Going on probability alone, “it seems more likely that we’ll keep going with these subvariants of Omicron rather than dealing with something wholly brand-new,” says Maia Majumder, an epidemiologist at Boston Children’s Hospital. But Lauren Ancel Meyers, an infectious-disease modeler at the University of Texas at Austin, warns that plenty of uncertainty remains. “What we don’t have is a really data-driven model right now that tells us if, when, where, and what kind of variants will be emerging in the coming months and years,” she told me. Our window into the future is only getting foggier, too, as fewer people submit their test results—or take any test at all—and surveillance systems continue to go offline.

It wouldn’t take another Omicron-type event to hurl us into disarray. Maybe none of the Omicron subvariants currently jockeying for control will surge ahead of the pack. But several of them might yet drive regional epidemics, Majumder told me, depending on the local nitty-gritty of who’s susceptible to what. And as winter looms, some of the biggest holes in our COVID shield remain unpatched. People who are immunocompromised are losing their last monoclonal-antibody treatments, and although powerful drugs exist to slash the risk of severe disease and death, useful preventives and treatments for long COVID remain sparse.

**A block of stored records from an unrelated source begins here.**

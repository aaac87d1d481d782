-- ===== src/Text/Pieces.antt =====
-- Texts that are split where they were joined.
use resticprofile.Base.{
  ℕ, ◌≡◌, ◌≢◌, refl, ap, ◌∙◌, true, false, Bool-cases, inl, inr, List, [], ◌∷◌, ◌++◌, arith, ◌==◌,
  Text, All, All-append,
}
use resticprofile.Text.Numbers.{IsDigits}
use resticprofile.Text.{is_digit, split, join, has_part, has_prefix}

-- The byte `c` does not stand in the text.
abbrev pub Lacks : ℕ → Text → Type 0
Lacks c = All (λ x. (x == c) ≡ false)

pub Lacks-append : (c : ℕ) (s t : Text) → Lacks c s → Lacks c t → Lacks c (s ++ t)
Lacks-append c = All-append (λ x. (x == c) ≡ false)

pub split-piece : (sep : ℕ) (p : Text) → Lacks sep p → split sep p ≡ p ∷ []
unfolding split
split-piece sep [] h = refl
split-piece sep (c ∷ p) h = rw (h.0, split-piece sep p h.1)

pub split-append :
    (sep : ℕ) (p s : Text) → Lacks sep p → split sep (p ++ (sep ∷ s)) ≡ p ∷ split sep s
unfolding split
split-append sep [] s h = ground arith
split-append sep (c ∷ p) s h = rw (h.0, split-append sep p s h.1)

-- Pieces without the separator, at least one, are the pieces of what they are joined to.
pub split-join :
    (sep : ℕ) (ps : List Text) → ps ≢ [] → All (Lacks sep) ps → split sep (join sep ps) ≡ ps
unfolding join
split-join sep [] n h = absurd (n refl)
split-join sep (p ∷ []) n h = split-piece sep p h.0
split-join sep (p ∷ q ∷ ps) n h =
    split-append sep p (join sep (q ∷ ps)) h.0
    ∙ ap (λ x. p ∷ x) (split-join sep (q ∷ ps) (λ e. cc) h.1)

-- A text without the byte `c` has no part that begins with it.
pub has_part-Lacks : (c : ℕ) (p s : Text) → Lacks c s → has_part (c ∷ p) s ≡ false
unfolding has_part
has_part-Lacks c p [] h = refl
has_part-Lacks c p (x ∷ s) h = ground (arith, h.0, has_part-Lacks c p s h.1)

has_prefix-append : (p s : Text) → has_prefix p (p ++ s) ≡ true
unfolding has_prefix
has_prefix-append [] s = refl
has_prefix-append (c ∷ p) s = ground (arith, has_prefix-append p s)

has_part-prefix : (p s : Text) → has_prefix p s ≡ true → has_part p s ≡ true
unfolding has_part
has_part-prefix p [] h = h
has_part-prefix p (c ∷ s) h = rw h

has_part-cons : (c : ℕ) (p s : Text) → has_part p s ≡ true → has_part p (c ∷ s) ≡ true
unfolding has_part
has_part-cons c p s h = ground (arith, h)

pub has_part-append : (s p t : Text) → has_part p (s ++ (p ++ t)) ≡ true
has_part-append [] p t = has_part-prefix p (p ++ t) (has_prefix-append p t)
has_part-append (c ∷ s) p t = has_part-cons c p (s ++ (p ++ t)) (has_part-append s p t)

pub digits-Lack : (c : ℕ) (s : Text) → is_digit c ≡ false → IsDigits s → Lacks c s
digits-Lack c [] n d = tt
digits-Lack c (x ∷ s) n d = (ground (arith, d.0), digits-Lack c s n d.1)

pub split-nonempty :
    (sep : ℕ) (s : Text) → (first : Text) × (rest : List Text) × (split sep s ≡ first ∷ rest)
unfolding split
split-nonempty sep [] = ([], [], refl)
split-nonempty sep (c ∷ s) =
    let (first, rest, e) = split-nonempty sep s in
    elim (Bool-cases (c == sep)) [
      | inl same ↦ ([], split sep s, rw same)
      | inr other ↦ (c ∷ first, rest, rw (other, e))
    ]

-- One more line at the end.
pub split-last :
    (sep : ℕ) (s t : Text) → Lacks sep t → split sep (s ++ (sep ∷ t)) ≡ split sep s ++ (t ∷ [])
unfolding split
split-last sep [] t h = ground (arith, split-piece sep t h)
split-last sep (c ∷ s) t h =
    let (first, rest, e) = split-nonempty sep s in
    elim (Bool-cases (c == sep)) [
      | inl same ↦ rw (same, split-last sep s t h)
      | inr other ↦ rw (other, split-last sep s t h, e)
    ]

[Read: The end of Evusheld]

Our nation’s capacity to handle new COVID cases is also low, Majumder said. Already, hospitals around the country are being inundated with other respiratory viruses—RSV, flu, rhinovirus, enterovirus—all while COVID is still kicking in the background. “If flu has taken over hospital beds,” says Srini Venkatramanan, an infectious-disease modeler at the University of Virginia, even a low-key wave will “feel like it’s having a much bigger impact.”

As the country approaches its second holiday season with Omicron on deck, this version of the virus may “feel familiar,” Majumder pointed out. “I think people perceive the current circumstances to be safer than they were last year,” she said—and certainly, some of them are. But the fact that Omicron has lingered is not entirely a comfort. It is also, in its way, a reminder of how bad things once were, and how bad they could still get.